§ **TASK INSTRUCTIONS**: Wherever a line in the records contains the word "length", return that line.

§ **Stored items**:
━━━

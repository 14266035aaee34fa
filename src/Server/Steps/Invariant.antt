-- ===== src/Server/Steps/Invariant.antt =====
-- server/src: what holds of the generator and of the source of entropy in every state that a
-- `TpmContext` can reach.
use tpm_rs.Prelude.{
  ℕ, ◌+◌, ◌≡◌, ◌∙◌, sym, refl, Bool, true, false, List, [], length, take, drop, ltb, Bool-cases,
  inl, inr,
}
use tpm_rs.Outcome.{map_err-eq-ok, Outcome, ok, err, panic, map_err, >>=-eq-ok}
use tpm_rs.Errors.{TpmRcError, memory}
use tpm_rs.Server.Crypto.{
  ServerError, from_drbg, Drbg, EntropySource, Crypto, crypto_new, reseed_if_required,
  try_get_random,
}
use tpm_rs.Server.Context.{execute_command_separate}
use tpm_rs.Server.Spec.{requested, Served, reject, reply, answer, serve}
use tpm_rs.Server.Refinement.{execute_command_separate-serve, execute_command_in_place-separate}
use tpm_rs.Server.Steps.{Step, separate_step, in_place_step, Reachable, started, stepped}

-- What the operations that the platform brings promise. `P` is what holds of a generator between two
-- requests, and `R` what it needs before it fills a slice: it is ready where it says that it need not
-- be reseeded, and behind a reseeding with a seed of the source. Nothing is promised of one that is
-- filled and is not ready, of other seeds and nonces, or of an additional input.
pub record Keeps {D S : Type 0} (rng : Drbg D) (source : EntropySource S) (P R : D → Type 0)
    (Q : S → Type 0) (Seed Nonce : List ℕ → Type 0) : Type 0 where
  pub instantiated : (e n : List ℕ) (d : D) → Seed e → Nonce n → rng.instantiate e n [] ≡ ok d → P d
  pub due : (d : D) → P d → (rng.requires_reseeding d).0 ≡ true → P (rng.requires_reseeding d).1
  pub ready : (d : D) → P d → (rng.requires_reseeding d).0 ≡ false → R (rng.requires_reseeding d).1
  pub reseeded : (d d' : D) (e : List ℕ) → P d → Seed e → rng.reseed d e [] ≡ ok d' → R d'
  pub given :
      (d d' : D) (buffer filled : List ℕ)
      → R d
      → rng.fill_bytes d [] buffer ≡ ok (d', filled)
      → P d'
  pub source_new : Q source.instantiate_source
  pub seed_drawn :
      (s : S)
      → Q s
      → Q (source.fill_entropy s rng.entropy_default).1
        × Seed (source.fill_entropy s rng.entropy_default).0
  pub nonce_drawn :
      (s : S)
      → Q s
      → Q (source.fill_entropy s rng.nonce_default).1
        × Nonce (source.fill_entropy s rng.nonce_default).0

module _ {D S : Type 0} (rng : Drbg D) (source : EntropySource S) (P R : D → Type 0)
    (Q : S → Type 0) (Seed Nonce : List ℕ → Type 0)
    (keeps : Keeps rng source P R Q Seed Nonce) where
  abbrev pub Holds : Crypto D S → Type 0
  Holds c = P c.drbg × Q c.entropy

  crypto_new-Holds : (c : Crypto D S) → crypto_new rng source ≡ ok c → Holds c
  unfolding crypto_new
  crypto_new-Holds c e =
      let s = source.fill_entropy source.instantiate_source rng.entropy_default in
      let s' = source.fill_entropy s.1 rng.nonce_default in
      let (q, seed) = keeps.seed_drawn source.instantiate_source keeps.source_new in
      let (q', nonce) = keeps.nonce_drawn s.1 q in
      let (d, made, done) = >>=-eq-ok (map_err from_drbg (rng.instantiate s.0 s'.0 [])) _ e in
      let p : P d = keeps.instantiated s.0 s'.0 d seed nonce (map_err-eq-ok from_drbg _ _ made) in
      let same : record { drbg = d; entropy = s'.1 } ≡ c = cc done in rw (← same) (p, q')

  -- After the question, and the reseeding where the answer was yes, the generator is ready.
  reseed_if_required-ready :
      (needed : Bool) (d : D) (s : S) (c : Crypto D S)
      → P d
      → Q s
      → (rng.requires_reseeding d).0 ≡ needed
      → reseed_if_required rng source needed (rng.requires_reseeding d).1 s ≡ ok c
      → R c.drbg × Q c.entropy
  unfolding reseed_if_required
  reseed_if_required-ready true d s c p q asked e =
      let r = source.fill_entropy s rng.entropy_default in
      let d1 = (rng.requires_reseeding d).1 in
      let (q', seed) = keeps.seed_drawn s q in
      let (d', seeded, done) = >>=-eq-ok (map_err from_drbg (rng.reseed d1 r.0 [])) _ e in
      let same : record { drbg = d'; entropy = r.1 } ≡ c = cc done in
      rw (← same) (
        keeps.reseeded d1 d' r.0 (keeps.due d p asked) seed (map_err-eq-ok from_drbg _ _ seeded),
        q',
      )
  reseed_if_required-ready false d s c p q asked e =
      let same : record { drbg = (rng.requires_reseeding d).1; entropy = s } ≡ c = cc e in
      rw (← same) (keeps.ready d p asked, q)

  try_get_random-Holds :
      (c c' : Crypto D S) (buffer filled : List ℕ)
      → Holds c
      → try_get_random rng source c buffer ≡ ok (c', filled)
      → Holds c'
  unfolding try_get_random
  try_get_random-Holds c c' buffer filled holds e =
      let asked = rng.requires_reseeding c.drbg in
      let (c1, seeded, more) =
        >>=-eq-ok (reseed_if_required rng source asked.0 asked.1 c.entropy) _ e in
      let held = reseed_if_required-ready asked.0 c.drbg c.entropy c1 holds.0 holds.1 refl seeded in
      let ((d', out), given, done) =
        >>=-eq-ok (map_err from_drbg (rng.fill_bytes c1.drbg [] buffer)) _ more in
      let p : P d' = keeps.given c1.drbg d' buffer out held.0 (map_err-eq-ok from_drbg _ _ given) in
      let same : record { drbg = d'; entropy = c1.entropy } ≡ c' = cc done in
      rw (← same) (p, held.1)

  -- A run that returns leaves a state that has the invariant.
  IsKept : Served (Crypto D S) → Type 0
  IsKept (ok (size, (c, w))) = Holds c
  IsKept (err e) = Unit
  IsKept panic = Unit

  reply-IsKept :
      (n : ℕ) (response : List ℕ) (m : Outcome ServerError (Crypto D S × List ℕ))
      → ((c : Crypto D S) (filled : List ℕ) → m ≡ ok (c, filled) → Holds c)
      → IsKept (reply n response m)
  unfolding IsKept reply
  reply-IsKept n response (ok (c, filled)) held = held c filled refl
  reply-IsKept n response (err e) held = tt
  reply-IsKept n response panic held = tt

  reject-IsKept :
      (c : Crypto D S) (response : List ℕ) (e : TpmRcError) → Holds c → IsKept (reject c response e)
  unfolding IsKept
  reject-IsKept c response e holds = holds

  answer-IsKept :
      (c : Crypto D S) (response : List ℕ) (n : ℕ)
      → Holds c
      → IsKept (answer rng source c response n)
  unfolding answer
  answer-IsKept c response n holds = elim (Bool-cases (ltb (length response) (10 + n))) [
    | inl short ↦ rw short (reject-IsKept c response memory holds)
    | inr long ↦ rw long (
        reply-IsKept n response (try_get_random rng source c (take n (drop 10 response)))
          λ c' filled e. try_get_random-Holds c c' (take n (drop 10 response)) filled holds e)
  ]

  serve-IsKept :
      (c : Crypto D S) (response request : List ℕ) (m : Outcome TpmRcError ℕ)
      → Holds c
      → requested request ≡ m
      → IsKept (serve rng source c response request)
  unfolding serve
  serve-IsKept c response request (ok n) holds e = rw (serve, e) (answer-IsKept c response n holds)
  serve-IsKept c response request (err x) holds e = rw (serve, e) (reject-IsKept c response x holds)
  serve-IsKept c response request panic holds e = rw (serve, e) (unfold IsKept in tt)

  separate-Holds :
      (c c' : Crypto D S) (request response w : List ℕ) (size : ℕ)
      → Holds c
      → execute_command_separate rng source c request response ≡ ok (size, (c', w))
      → Holds c'
  separate-Holds c c' request response w size holds e =
      let served = sym (execute_command_separate-serve rng source c request response) ∙ e in
      unfold IsKept in rw served at (serve-IsKept c response request (requested request) holds refl)

  Step-Holds : {c c' : Crypto D S} → Step rng source c c' → Holds c → Holds c'
  Step-Holds {c} {c'} (separate_step request response w size e) holds =
      separate-Holds c c' request response w size holds e
  Step-Holds {c} {c'} (in_place_step buffer w request_size size e) holds =
      separate-Holds c c' (take request_size buffer) buffer w size holds
        (sym (execute_command_in_place-separate rng source c buffer request_size) ∙ e)

  -- An invariant of the generator and one of the source hold in every state that a context
  -- reaches from new by any sequence of requests, separate or in place, answered or refused,
  -- under these conditions: a new source has its own; drawing keeps it and gives a fit seed or
  -- nonce; instantiating with a fit seed and nonce gives that of the generator; asking whether
  -- it must be reseeded keeps it if the answer is yes, and makes it ready if not; reseeding
  -- with a fit seed makes it ready; and filling a slice gives it back if the generator was
  -- ready.
  pub Reachable-Holds : (c : Crypto D S) → Reachable rng source c → Holds c
  Reachable-Holds c (started e) = crypto_new-Holds c e
  Reachable-Holds c (stepped before step) = Step-Holds step (Reachable-Holds _ before)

━━━

§ **TASK OUTPUT**:
  ℕ, ◌+◌, ◌≡◌, ◌∙◌, sym, refl, Bool, true, false, List, [], length, take, drop, ltb, Bool-cases,
  answer-IsKept c response n holds = elim (Bool-cases (ltb (length response) (10 + n))) [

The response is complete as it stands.